- What needs to be done: When a line in the records contains the string "where", copy that line.

- Saved data entries:
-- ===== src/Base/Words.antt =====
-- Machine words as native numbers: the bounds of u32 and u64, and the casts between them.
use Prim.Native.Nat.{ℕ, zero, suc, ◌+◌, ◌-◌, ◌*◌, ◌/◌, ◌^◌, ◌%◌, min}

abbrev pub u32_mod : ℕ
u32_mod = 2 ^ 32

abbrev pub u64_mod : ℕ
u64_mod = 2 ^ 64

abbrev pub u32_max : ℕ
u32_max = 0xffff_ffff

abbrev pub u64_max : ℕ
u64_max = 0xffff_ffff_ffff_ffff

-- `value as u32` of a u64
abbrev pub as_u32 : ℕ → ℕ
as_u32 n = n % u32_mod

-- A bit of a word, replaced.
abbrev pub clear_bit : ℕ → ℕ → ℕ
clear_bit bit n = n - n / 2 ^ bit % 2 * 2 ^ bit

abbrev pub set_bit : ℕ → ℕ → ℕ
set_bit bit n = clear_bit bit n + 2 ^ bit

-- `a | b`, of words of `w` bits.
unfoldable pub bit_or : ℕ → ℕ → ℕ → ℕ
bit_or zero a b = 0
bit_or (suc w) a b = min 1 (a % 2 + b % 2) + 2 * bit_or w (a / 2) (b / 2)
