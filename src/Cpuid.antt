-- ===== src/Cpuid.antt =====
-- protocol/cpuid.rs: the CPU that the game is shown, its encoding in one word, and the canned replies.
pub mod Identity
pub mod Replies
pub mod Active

==

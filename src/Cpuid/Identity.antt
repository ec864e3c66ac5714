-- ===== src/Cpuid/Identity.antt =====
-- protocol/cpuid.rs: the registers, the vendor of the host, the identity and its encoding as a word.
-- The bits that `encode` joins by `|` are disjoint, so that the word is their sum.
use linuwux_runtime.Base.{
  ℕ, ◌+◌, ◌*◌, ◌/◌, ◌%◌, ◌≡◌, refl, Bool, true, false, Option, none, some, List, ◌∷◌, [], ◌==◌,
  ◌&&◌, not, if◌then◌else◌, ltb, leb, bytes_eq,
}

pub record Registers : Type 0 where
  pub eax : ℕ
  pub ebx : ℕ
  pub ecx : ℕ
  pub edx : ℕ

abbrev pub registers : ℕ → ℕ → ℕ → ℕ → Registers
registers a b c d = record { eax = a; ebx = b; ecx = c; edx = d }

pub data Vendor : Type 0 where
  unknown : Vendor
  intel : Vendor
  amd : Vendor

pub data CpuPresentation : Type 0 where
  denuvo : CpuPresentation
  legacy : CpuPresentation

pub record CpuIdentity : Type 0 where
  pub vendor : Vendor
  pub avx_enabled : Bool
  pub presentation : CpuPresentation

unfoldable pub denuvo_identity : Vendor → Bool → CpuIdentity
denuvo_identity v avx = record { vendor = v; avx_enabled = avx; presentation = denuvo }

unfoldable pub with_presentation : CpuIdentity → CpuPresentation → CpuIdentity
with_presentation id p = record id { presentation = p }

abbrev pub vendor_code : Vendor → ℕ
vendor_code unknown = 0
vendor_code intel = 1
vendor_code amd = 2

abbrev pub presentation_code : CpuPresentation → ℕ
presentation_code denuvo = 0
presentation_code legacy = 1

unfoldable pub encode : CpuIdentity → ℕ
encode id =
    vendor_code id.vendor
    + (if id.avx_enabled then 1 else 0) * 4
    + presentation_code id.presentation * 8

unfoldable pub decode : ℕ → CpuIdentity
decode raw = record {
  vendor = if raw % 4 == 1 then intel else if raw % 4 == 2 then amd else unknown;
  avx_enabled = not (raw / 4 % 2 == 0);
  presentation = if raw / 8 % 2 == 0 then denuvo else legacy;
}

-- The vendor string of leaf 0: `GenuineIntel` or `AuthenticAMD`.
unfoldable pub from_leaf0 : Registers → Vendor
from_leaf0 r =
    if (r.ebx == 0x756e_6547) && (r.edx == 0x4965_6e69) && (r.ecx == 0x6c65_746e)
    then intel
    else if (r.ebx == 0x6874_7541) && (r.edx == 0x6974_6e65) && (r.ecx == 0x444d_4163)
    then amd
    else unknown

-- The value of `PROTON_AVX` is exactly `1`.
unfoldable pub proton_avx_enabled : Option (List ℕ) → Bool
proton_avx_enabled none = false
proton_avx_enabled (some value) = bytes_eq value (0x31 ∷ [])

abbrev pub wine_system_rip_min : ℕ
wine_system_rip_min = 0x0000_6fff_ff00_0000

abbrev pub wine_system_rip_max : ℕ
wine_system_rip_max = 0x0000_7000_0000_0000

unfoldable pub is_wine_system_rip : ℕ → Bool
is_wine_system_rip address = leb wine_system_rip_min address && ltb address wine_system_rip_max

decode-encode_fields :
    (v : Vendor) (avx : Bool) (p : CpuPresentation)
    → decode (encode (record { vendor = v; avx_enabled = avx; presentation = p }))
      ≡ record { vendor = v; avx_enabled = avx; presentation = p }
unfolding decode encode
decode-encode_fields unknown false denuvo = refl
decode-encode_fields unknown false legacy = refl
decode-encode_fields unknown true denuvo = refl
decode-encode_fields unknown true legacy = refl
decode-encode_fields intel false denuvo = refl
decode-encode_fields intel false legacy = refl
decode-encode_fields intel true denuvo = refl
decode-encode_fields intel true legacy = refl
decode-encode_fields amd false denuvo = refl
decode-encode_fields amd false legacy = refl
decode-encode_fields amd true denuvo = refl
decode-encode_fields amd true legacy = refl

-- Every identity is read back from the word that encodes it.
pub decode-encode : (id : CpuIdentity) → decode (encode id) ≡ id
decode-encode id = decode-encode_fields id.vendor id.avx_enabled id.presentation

- Finished task:
pub record Registers : Type 0 where
pub data Vendor : Type 0 where
pub data CpuPresentation : Type 0 where
pub record CpuIdentity : Type 0 where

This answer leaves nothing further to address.